Synthesis of well-defined amphiphilic branched polyethylene-graft-poly (N-isopropylacrylamide) copolymers by coordination copolymerization in tandem with RAFT polymerization and their self-assembled vesicles

Abstract

A tandem synthetic strategy combining the metal catalyzed copolymerization of ethylene with trimethylsilyl-protected 10-undecen-1-ol and RAFT polymerization was successfully used to prepare well-defined branched polyethylene-graft-poly(N-isopropylacrylamide) copolymers (BPE-g-PNIPAM). The branched PEs containing multiple hydroxyls (BPE–(OH)n) were firstly synthesized by the copolymerization of ethylene with trimethylsilyl-protected 10-undecen-1-ol using a pyridine–amine nickel catalyst in a controlled fashion (Mw/Mn ∼ 1.2).
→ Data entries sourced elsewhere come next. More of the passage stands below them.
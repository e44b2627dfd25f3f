-- ===== src/Api/Environment/Seen.antt =====
-- Which variable a container gets: of several of a name in its list, the last.
use shopware_operator.Prelude.{
  ℕ, suc, ◌≤◌, String, ◌≡◌, refl, sym, ap, ◌∙◌, true, false, Option, none, some, List, [], ◌∷◌,
  arith, ltb, ◌==◌, eq_iff, if◌then◌else◌, inl, inr, Bool-cases, ◌⊎◌, ◌&&◌, eqb,
}
use shopware_operator.Kube.{EnvVar}
use shopware_operator.Api.Store.{Store}
use shopware_operator.Api.Environment.{operator_env, put_env, put_envs, get_env}
use shopware_operator.Api.Environment.Overrides.{last_env}

-- How often a name is set
unfoldable pub count_env : String → List EnvVar → ℕ
count_env k [] = 0
count_env k (c ∷ cs) = let rest = count_env k cs in if c.name == k then suc rest else rest

put_env-same :
    (e c : EnvVar) (cs : List EnvVar) → c.name == e.name ≡ true → put_env e (c ∷ cs) ≡ e ∷ cs
unfolding put_env
put_env-same e c cs h = rw h refl

put_env-other :
    (e c : EnvVar) (cs : List EnvVar)
    → c.name == e.name ≡ false
    → put_env e (c ∷ cs) ≡ c ∷ put_env e cs
unfolding put_env
put_env-other e c cs h = rw h refl

last_env-set :
    (k : String) (o : Option EnvVar) (e : EnvVar) (cs : List EnvVar)
    → e.name == k ≡ true
    → last_env k o (e ∷ cs) ≡ last_env k (some e) cs
last_env-set k o e cs h = rw h refl

last_env-skip :
    (k : String) (o : Option EnvVar) (e : EnvVar) (cs : List EnvVar)
    → e.name == k ≡ false
    → last_env k o (e ∷ cs) ≡ last_env k o cs
last_env-skip k o e cs h = rw h refl

module _ (k : String) where
  last_env-absent :
      (o : Option EnvVar) (cs : List EnvVar) → count_env k cs ≡ 0 → last_env k o cs ≡ o
  unfolding count_env
  last_env-absent o [] h = refl
  last_env-absent o (c ∷ cs) h = elim (Bool-cases (c.name == k)) [
    | inl same ↦ let h' = rw same at h in absurd (ground arith)
    | inr other ↦ rw other (last_env-absent o cs (rw other at h))
  ]

  -- A list that sets the name decides alone.
  last_env-present :
      (o p : Option EnvVar) (cs : List EnvVar)
      → 1 ≤ count_env k cs
      → last_env k o cs ≡ last_env k p cs
  unfolding count_env
  last_env-present o p [] h = absurd (ground arith)
  last_env-present o p (c ∷ cs) h = elim (Bool-cases (c.name == k)) [
    | inl same ↦ rw same refl
    | inr other ↦ rw other (last_env-present o p cs (rw other at h))
  ]

  last-put_env_other :
      (e : EnvVar) (o : Option EnvVar) (cs : List EnvVar)
      → e.name == k ≡ false
      → last_env k o (put_env e cs) ≡ last_env k o cs
  unfolding put_env
  last-put_env_other e o [] h = rw h refl
  last-put_env_other e o (c ∷ cs) h = elim (Bool-cases (c.name == e.name)) [
    | inl same ↦
        let other : c.name == k ≡ false = rw ((eq_iff c.name e.name).0 same) h in
        ap (last_env k o) (put_env-same e c cs same)
        ∙ last_env-skip k o e cs h
        ∙ sym (last_env-skip k o c cs other)
    | inr other ↦
        ap (last_env k o) (put_env-other e c cs other)
        ∙ last-put_env_other e (if c.name == k then some c else o) cs h
  ]

  apart : (e c : EnvVar) → e.name == k ≡ true → c.name == e.name ≡ false → c.name == k ≡ false
  apart e c h other = ground (arith, eq_iff c.name e.name, eq_iff e.name k, eq_iff c.name k)

  last-put_env_single :
      (e : EnvVar) (o : Option EnvVar) (cs : List EnvVar)
      → e.name == k ≡ true
      → count_env k cs ≤ 1
      → last_env k o (put_env e cs) ≡ some e
  unfolding put_env count_env
  last-put_env_single e o [] h few = rw h refl
  last-put_env_single e o (c ∷ cs) h few = elim (Bool-cases (c.name == e.name)) [
    | inl same ↦
        let here : c.name == k ≡ true = rw ((eq_iff c.name e.name).0 same) h in
        let few' = rw here at few in
        ap (last_env k o) (put_env-same e c cs same)
        ∙ last_env-set k o e cs h
        ∙ last_env-absent (some e) cs (omega (arith, few'))
    | inr other ↦
        let elsewhere = apart e c h other in
        ap (last_env k o) (put_env-other e c cs other)
        ∙ last-put_env_single e (if c.name == k then some c else o) cs h (rw elsewhere at few)
  ]

  last-put_env_repeated :
      (e : EnvVar) (o : Option EnvVar) (cs : List EnvVar)
      → e.name == k ≡ true
      → 2 ≤ count_env k cs
      → last_env k o (put_env e cs) ≡ last_env k o cs
  unfolding put_env count_env
  last-put_env_repeated e o [] h many = absurd (ground arith)
  last-put_env_repeated e o (c ∷ cs) h many = elim (Bool-cases (c.name == e.name)) [
    | inl same ↦
        let here : c.name == k ≡ true = rw ((eq_iff c.name e.name).0 same) h in
        let many' = rw here at many in
        ap (last_env k o) (put_env-same e c cs same)
        ∙ last_env-set k o e cs h
        ∙ last_env-present (some e) (some c) cs (omega (arith, many'))
        ∙ sym (last_env-set k o c cs here)
    | inr other ↦
        let elsewhere = apart e c h other in
        ap (last_env k o) (put_env-other e c cs other)
        ∙ last-put_env_repeated e (if c.name == k then some c else o) cs h (rw elsewhere at many)
  ]

  -- Setting a variable keeps the number of its name, but from 0 to 1.
  count-put_env :
      (e : EnvVar) (cs : List EnvVar)
      → count_env k (put_env e cs)
        ≡ (if e.name == k && eqb (count_env k cs) 0 then 1 else count_env k cs)
  unfolding put_env count_env
  count-put_env e [] = ground arith
  count-put_env e (c ∷ cs) =
      ground (arith, eq_iff c.name e.name, eq_iff e.name k, eq_iff c.name k, count-put_env e cs)

  last-put_envs_repeated :
      (cs es : List EnvVar)
      → 2 ≤ count_env k cs
      → last_env k none (put_envs cs es) ≡ last_env k none cs
  unfolding put_envs
  last-put_envs_repeated cs [] many = refl
  last-put_envs_repeated cs (e ∷ es) many =
      let many' : 2 ≤ count_env k (put_env e cs) = rw (count-put_env e cs) (ground arith) in
      last-put_envs_repeated (put_env e cs) es many' ∙ kept (Bool-cases (e.name == k))
    where
      kept :
          (e.name == k ≡ true) ⊎ (e.name == k ≡ false)
          → last_env k none (put_env e cs) ≡ last_env k none cs
      kept (inl same) = last-put_env_repeated e none cs same many
      kept (inr other) = last-put_env_other e none cs other

  last-put_envs_single :
      (cs es : List EnvVar)
      → count_env k cs ≤ 1
      → last_env k none (put_envs cs es) ≡ last_env k (last_env k none cs) es
  unfolding put_envs
  last-put_envs_single cs [] few = refl
  last-put_envs_single cs (e ∷ es) few =
      let few' : count_env k (put_env e cs) ≤ 1 = rw (count-put_env e cs) (ground arith) in
      last-put_envs_single (put_env e cs) es few'
      ∙ ap (λ o. last_env k o es) (set (Bool-cases (e.name == k)))
    where
      set :
          (e.name == k ≡ true) ⊎ (e.name == k ≡ false)
          → last_env k none (put_env e cs) ≡ (if e.name == k then some e else last_env k none cs)
      set (inl same) = rw same (last-put_env_single e none cs same few)
      set (inr other) = rw other (last-put_env_other e none cs other)

-- Of the variables of a name in the list of GetEnv a container gets the last. If the operator sets the
-- name at most once, this is the last of the user's variables of the name, and the operator's where the
-- user has none. If the operator sets the name more often, it is the operator's last one, whatever the
-- user sets.
pub last-get_env :
    (url : String) (s : Store) (k : String)
    → let own = last_env k none (operator_env url s) in
      last_env k none (get_env url s) ≡ (
        if ltb 1 (count_env k (operator_env url s))
        then own
        else last_env k own s.spec.container.extra_envs)
unfolding get_env
last-get_env url s k = elim (Bool-cases (ltb 1 (count_env k (operator_env url s)))) [
  | inl many ↦
      rw many
        (last-put_envs_repeated k (operator_env url s) s.spec.container.extra_envs (ground arith))
  | inr few ↦
      rw few
        (last-put_envs_single k (operator_env url s) s.spec.container.extra_envs (ground arith))
]
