-- ===== src/Cluster/Meta.antt =====
-- internal/k8s/utils.go, diffKeys: where two maps of labels or annotations differ.
pub mod Differences
pub mod Sorting
use Prim.Native.Nat.{Ordering}
use Prim.Native.String.{compare}
use shopware_operator.Prelude.{
  String, ◌≡◌, refl, ◌↔◌, Bool, true, false, not, ◌||◌, Option, none, some, List, [], ◌∷◌, ◌++◌,
  arith, ◌==◌, eq_iff, if◌then◌else◌, inl, inr, Bool-cases,
}
use shopware_operator.Prelude.Text.{concat}
use shopware_operator.Prelude.Assoc.{lookup, keys}

-- `map[string]string`
abbrev pub Map : Type 0
Map = List (String × String)

abbrev pub is_empty {ℓ} : {A : Type ℓ} → List A → Bool
is_empty [] = true
is_empty (x ∷ xs) = false

abbrev pub same_value : Option String → Option String → Bool
same_value none none = true
same_value (some v) (some w) = v == w
same_value _ _ = false

-- The keys at which a test holds, each behind the prefix.
abbrev pub tagged : String → (String → Bool) → List String → List String
tagged prefix test [] = []
tagged prefix test (k ∷ ks) =
    let rest = tagged prefix test ks in
    if test k then concat (prefix ∷ ":" ∷ k ∷ []) ∷ rest else rest

abbrev pub is_missing : Option String → Bool
is_missing none = true
is_missing (some v) = false

-- `slices.Sort`, as an insertion sort
abbrev pub insert_sorted : String → List String → List String
insert_sorted s [] = s ∷ []
insert_sorted s (t ∷ ts) =
    let rest = insert_sorted s ts in elim (compare t s) [ Ordering.lt ↦ t ∷ rest | _ ↦ s ∷ t ∷ ts ]

unfoldable pub sort : List String → List String
sort [] = []
sort (s ∷ ss) = insert_sorted s (sort ss)

-- diffKeys: the keys of the new map whose value is another or new, and those of the old map that the
-- new one does not have
unfoldable pub changed_keys : String → Map → Map → List String
unfolding sort
changed_keys prefix old new = sort (
    tagged prefix (λ k. not (same_value (lookup k old) (lookup k new))) (keys new)
    ++ tagged prefix (λ k. is_missing (lookup k new)) (keys old))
Macro-chain transfer agents (macro-CTAs) for a subsequent polymerization of N-isopropylacrylamide were quantitatively obtained by an esterification reaction of BPE–(OH)n with S-1-dodecyl-S′-(α,α′-dimethyl-α′′-acetate) trithiocarbonate. Chain extensions by a RAFT polymerization were successfully achieved to afford BPE-g-PNIPAM graft copolymers with narrow polydispersities of ∼1.2. Investigations of the self-assembly behavior of the obtained BPE-g-PNIPAM graft copolymers in water by means of TEM, AFM and laser light scattering confirm that the amphiphilic graft copolymers form supramolecular vesicles with average diameters of 170–190 nm in aqueous solution. Dynamic light scattering (DLS) measurements demonstrate that the polymer vesicles are thermo-sensitive and show a distinctive two-stage response from 20 to 32 °C.